1. US Replacement (Mach 1986)

   • Group A: real air-puff (US).
   • Group B: electrical stimulation (ES) of inferior olive (start of US pathway).
   • Acquisition curves identical → ES-US is functionally equivalent.

2. CS Replacement

   • ES-pontine nuclei used as CS; real air-puff as US.
   • Rabbits acquired CR; showed normal extinction when ES-CS presented alone; could undergo inhibitory conditioning (CS− trials reduce responding).

3. Full Internal Pairing

   • ES-pontine (CS) + ES-inferior-olive (US) paired with appropriate temporal offset.
   • Animals never experience tone or puff, yet develop robust CR to pontine-stimulation alone.
   • Exhibit standard phenomena: extinction, spontaneous recovery, reacquisition, delayed re-learning after explicit CS− training.

Implications

• Learning rule operates on neural-activity patterns irrespective of sensory modality.
• Supports feasibility of therapeutic “electrical rehabilitation” paradigms (e.g., spinal-cord plasticity, BCI closed-loop stimulation).

Excitatory vs Inhibitory Neuron Dynamics (Important Background)

• Excitatory cells (e.g., mossy-fibre targets, interpositus neurons): low baseline; fire bursts only when driven.
• Inhibitory cells (Purkinje): high tonic rate; learning often manifests as decrease in their activity.
• Net effect during CS after conditioning = shift of excitation/inhibition balance favouring motor output.

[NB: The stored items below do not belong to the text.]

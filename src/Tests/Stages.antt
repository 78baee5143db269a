-- ===== src/Tests/Stages.antt =====
-- The earlier stages on concrete values.
use gquuuuuunix.Base.{◌*◌, ℕ, ◌+◌, ◌%◌, ◌^◌, ◌≡◌, refl, List, [], ◌∷◌, arith}
use gquuuuuunix.Console.Format as Last
use gquuuuuunix.Console.Format.{Arg, word, str}
use gquuuuuunix.Trap.{Clock}
use gquuuuuunix.Stages.Hello.{printf}
use gquuuuuunix.Stages.Hello.Same.{printf_same}
use gquuuuuunix.Stages.Timer.Storm.{handled, handled-counts}
use gquuuuuunix.Tests.Data.{csrs_of}

-- `"%s=%x%%\n"`.
abbrev fmt : List ℕ
fmt = b'%' ∷ b's' ∷ b'=' ∷ b'%' ∷ b'x' ∷ b'%' ∷ b'%' ∷ 10 ∷ []

abbrev args : List Arg
args = str (b'a' ∷ b'b' ∷ []) ∷ word 255 ∷ []

printf_same_example : Last.printf fmt args ≡ printf fmt args
printf_same_example = printf_same fmt args refl

abbrev clock : Clock
clock = record { gticks = 41; time = record { data_bits = 0; mantissa_bit = 32 } }

handled-counts_example :
    ((handled 3 (clock, csrs_of 0)).1 ≡ csrs_of 0)
    × ((handled 3 (clock, csrs_of 0)).0.gticks ≡ (41 + 3) % 2 ^ 64)
    × ((handled 3 (clock, csrs_of 0)).0.time.data_bits ≡ (0 + 3 * 262143) % 2 ^ 64)
handled-counts_example = handled-counts 3 clock (csrs_of 0) refl refl (omega arith) (omega arith)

Broader Relevance & Ethical / Practical Considerations

• Eye-blink paradigm foundational for dissecting memory engrams; parallels seen in fear conditioning, habit learning, addiction models.
• Ethical transition from face-slap (1920s) → humane air-puff underscores evolution of research oversight (IRB protocols).
• Electrical-pathway conditioning foreshadows questions about autonomy, consent and potential misuse of neuro-stimulation technologies ("Matrix" analogy).

Connections to Previous & Future Lectures

• Builds upon earlier classical-conditioning concepts (CS, US, CR, extinction, spontaneous recovery, inhibitory conditioning).
• Next lecture will extend conditioning framework to drug tolerance, dependence, and relapse.